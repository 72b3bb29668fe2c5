-- ===== src/ZoneGuard.antt =====
-- zone_guard.h, `ZoneAuditAgg`: the audit lines of refused edits, one for each player and zone in a
-- window at most. The table of the code is a map in the order of player and zone.
pub mod Counted
pub mod Cells
mod Tests
use ewb_server.Base.{
  ℕ, suc, ◌+◌, ℤ, pos, ◌-ℤ◌, ltb_ℤ, Bool, true, false, not, ◌&&◌, ◌||◌, Option, none, some, List,
  [], ◌∷◌, ◌++◌, ◌==◌, if◌then◌else◌, Text, codes, text_beq, text_ltb, print_ℕ, print_ℤ,
}

pub record Entry : Type 0 where
  pub player : Text
  pub zone : Text
  pub is_open : Bool
  pub start : ℤ
  pub folded : ℕ
  pub verb : Text
  pub x : ℤ
  pub y : ℤ
  pub z : ℤ

-- One refused edit.
pub record Denial : Type 0 where
  pub player : Text
  pub zone : Text
  pub verb : Text
  pub x : ℤ
  pub y : ℤ
  pub z : ℤ

-- A line to write: a denial at once, with what was folded before it, or the sum of a closed window.
pub data Line : Type 0 where
  at_once : Denial → ℕ → Line
  summary : Entry → Line

coords : ℤ → ℤ → ℤ → Text
coords x y z = print_ℤ x ++ codes "," ++ print_ℤ y ++ codes "," ++ print_ℤ z

unfoldable pub line_text : Line → Text
unfolding coords
line_text (Line.at_once d folded) =
    codes "denied "
    ++ d.verb
    ++ codes " in zone "
    ++ d.zone
    ++ codes " at "
    ++ coords d.x d.y d.z
    ++ (if folded == 0 then [] else codes " (" ++ print_ℕ folded ++ codes " more before this)")
line_text (Line.summary e) =
    codes "denied "
    ++ print_ℕ e.folded
    ++ codes " more edit(s) in zone "
    ++ e.zone
    ++ codes " (last: "
    ++ e.verb
    ++ codes " at "
    ++ coords e.x e.y e.z
    ++ codes ")"

-- `entries_[{player, zone}]`, where there is none.
unfoldable pub new_entry : Denial → Entry
new_entry d = record {
  player = d.player;
  zone = d.zone;
  is_open = false;
  start = pos 0;
  folded = 0;
  verb = [];
  x = pos 0;
  y = pos 0;
  z = pos 0;
}

is_within : ℤ → ℤ → Entry → Bool
is_within window now e = ltb_ℤ (now -ℤ e.start) window

unfoldable pub note_entry : ℤ → ℤ → Denial → Entry → Entry × List Line
unfolding is_within new_entry
note_entry window now d e =
    if e.is_open && is_within window now e
    then (record e { folded = suc e.folded; verb = d.verb; x = d.x; y = d.y; z = d.z }, [])
    else (record (new_entry d) { is_open = true; start = now }, Line.at_once d e.folded ∷ [])

same_key : Denial → Entry → Bool
same_key d e = text_beq d.player e.player && text_beq d.zone e.zone

goes_first : Denial → Entry → Bool
goes_first d e =
    text_ltb d.player e.player || (text_beq d.player e.player && text_ltb d.zone e.zone)

-- The lines are the one that is written now, or none.
unfoldable pub note : ℤ → ℤ → Denial → List Entry → List Entry × List Line
unfolding same_key goes_first
note window now d [] = let r = note_entry window now d (new_entry d) in (r.0 ∷ [], r.1)
note window now d (e ∷ es) =
    let hit = note_entry window now d e in
    let new = note_entry window now d (new_entry d) in
    let rest = note window now d es in
    if same_key d e
    then (hit.0 ∷ es, hit.1)
    else if goes_first d e
    then (new.0 ∷ e ∷ es, new.1)
    else (e ∷ rest.0, rest.1)

unfoldable pub flush_entry : ℤ → ℤ → Entry → List Entry × List Line
unfolding is_within
flush_entry window now e =
    if is_within window now e
    then (e ∷ [], [])
    else if e.folded == 0
    then ([], [])
    else (record e { folded = 0; start = now } ∷ [], Line.summary e ∷ [])

unfoldable pub flush : ℤ → ℤ → List Entry → List Entry × List Line
flush window now [] = ([], [])
flush window now (e ∷ es) =
    let first = flush_entry window now e in
    let rest = flush window now es in (first.0 ++ rest.0, first.1 ++ rest.1)

-- The server's calls, by their times.
pub data Call : Type 0 where
  noted : ℤ → Denial → Call
  flushed : ℤ → Call

unfoldable pub call : ℤ → Call → List Entry → List Entry × List Line
call window (Call.noted now d) es = note window now d es
call window (Call.flushed now) es = flush window now es

unfoldable pub run : ℤ → List Call → List Entry → List Entry × List Line
run window [] es = (es, [])
run window (c ∷ cs) es =
    let first = call window c es in let rest = run window cs first.0 in (rest.0, first.1 ++ rest.1)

------------------------------------------------------------

• [Task description]: What you return must be an exact retyping of the lines above starting at the line with "summary : Entry → Line" and ending at the line with "zone = d.zone;", and nothing besides.

• [Response]:
  summary : Entry → Line

coords : ℤ → ℤ → ℤ → Text
coords x y z = print_ℤ x ++ codes "," ++ print_ℤ y ++ codes "," ++ print_ℤ z

unfoldable pub line_text : Line → Text
unfolding coords
line_text (Line.at_once d folded) =
    codes "denied "
    ++ d.verb
    ++ codes " in zone "
    ++ d.zone
    ++ codes " at "
    ++ coords d.x d.y d.z
    ++ (if folded == 0 then [] else codes " (" ++ print_ℕ folded ++ codes " more before this)")
line_text (Line.summary e) =
    codes "denied "
    ++ print_ℕ e.folded
    ++ codes " more edit(s) in zone "
    ++ e.zone
    ++ codes " (last: "
    ++ e.verb
    ++ codes " at "
    ++ coords e.x e.y e.z
    ++ codes ")"

-- `entries_[{player, zone}]`, where there is none.
unfoldable pub new_entry : Denial → Entry
new_entry d = record {
  player = d.player;
  zone = d.zone;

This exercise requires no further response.